In Lebanon, the pro-Syrian, Hizballah-run al-Akhbar newspaper echoed Assad’s exultation in an editorial, calling the Morsi government’s overthrow, “the end of the caliphate dream,” in reference to the oft-cited goal of some fundamentalist Muslims to establish an Islamic kingdom spanning North Africa and the Middle East ruled entirely according to the laws of Islam. Hizballah, which has sent thousands of its own fighters to defend Assad’s regime in Syria, may not openly support the idea of a caliphate, but as the original Party of God (the literal translation of the name), it is no stranger to political Islam.
(MORE: An Elected President Has Been Deposed: Egypt’s Party Looks Premature)
In Saudi Arabia the gloating may have been tamped down a little, but King Abdullah was one of the first Arab leaders to congratulate Egypt’s caretaker President Adli Mansour, even before he was sworn in on Thursday. For the past two years, since Saudi Arabia sided with the rebels opposing Assad’s regime, the two countries have become bitter enemies. So what is it about the Muslim Brotherhood’s version of political Islam that unites the rivals in hatred? Fear that the Brotherhood’s power exposes their own lack of legitimacy.
Assad’s father, former President Hafez al-Assad, spent most of his years in leadership hunting down and massacring Muslim Brotherhood groups in Syria for their challenge to his power.
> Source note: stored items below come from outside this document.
-- ===== src/Amount.antt =====
-- CTxOutCompressor::CompressAmount and DecompressAmount (src/servilo/main.cpp): the compact form
-- in which the coin database keeps amounts. A uint64 is a native number, and each step that can
-- wrap is taken modulo 2 ^ 64.
pub mod RoundTrip
mod Runs
use primmonero.Base.{
  ℕ, zero, suc, ◌+◌, ◌-◌, ◌*◌, ◌/◌, ◌%◌, ◌^◌, Bool, true, false, ◌&&◌, Option, none, some, ltb, leb,
  ◌==◌, if◌then◌else◌,
}

abbrev pub u64_mod : ℕ
u64_mod = 2 ^ 64

-- The loop `while (((n % 10) == 0) && e < 9)`, which returns `n` and `e` as it leaves them.
-- The test `e < 9` bounds the rounds, so that the fuel of `compress_amount` never runs out.
pub strip_zeros : ℕ → ℕ → ℕ → ℕ × ℕ
strip_zeros zero n e = (n, e)
strip_zeros (suc fuel) n e = elim (n % 10 == 0 && ltb e 9) [
  | true ↦ strip_zeros fuel (n / 10) (e + 1)
  | false ↦ (n, e)
]

-- What follows the loop: `int d = n % 10; assert(d >= 1 && d <= 9); n /= 10;` and the two ways to
-- put the parts together. A failed assertion is `none`.
pub pack_amount : ℕ → ℕ → Option ℕ
pack_amount n e =
    if ltb e 9
    then (if leb 1 (n % 10) && leb (n % 10) 9
        then some ((1 + ((n / 10 * 9 + n % 10 + u64_mod - 1) % u64_mod) * 10 + e) % u64_mod)
        else none)
    else some ((1 + ((n + u64_mod - 1) % u64_mod) * 10 + 9) % u64_mod)

pub compress_amount : ℕ → Option ℕ
compress_amount n = if n == 0 then some 0 else (let (m, e) = strip_zeros 10 n 0 in pack_amount m e)

-- The loop `while (e) { n *= 10; e--; }`.
pub scale_up : ℕ → ℕ → ℕ
scale_up n zero = n
scale_up n (suc e) = scale_up (n * 10 % u64_mod) e

-- The digits without their zeros, from `x` after `x /= 10`.
pub unpack_amount : ℕ → ℕ → ℕ
unpack_amount x e = if ltb e 9 then (x / 9 * 10 + (x % 9 + 1)) % u64_mod else (x + 1) % u64_mod

pub decompress_amount : ℕ → ℕ
decompress_amount x =
    if x == 0 then 0 else (let e = (x - 1) % 10 in scale_up (unpack_amount ((x - 1) / 10) e) e)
As an Alawite, a minority sect that is an offshoot of Shia Islam and is largely disparaged as heretical by Sunni religious leaders, the former President feared the Brotherhood’s power in the mosques. Today the remnants of those groups have joined with other Islamists to become Bashar Assad’s most formidable foes on the battlefield. Their ideologically driven organization (what better fighters than those willing to die for God’s cause?) lends them tactics and strength that the fractious, secular-leaning Free Syrian Army leaders lack.
(MORE: Adli Mansour: Who Is Egypt’s New Interim Leader?)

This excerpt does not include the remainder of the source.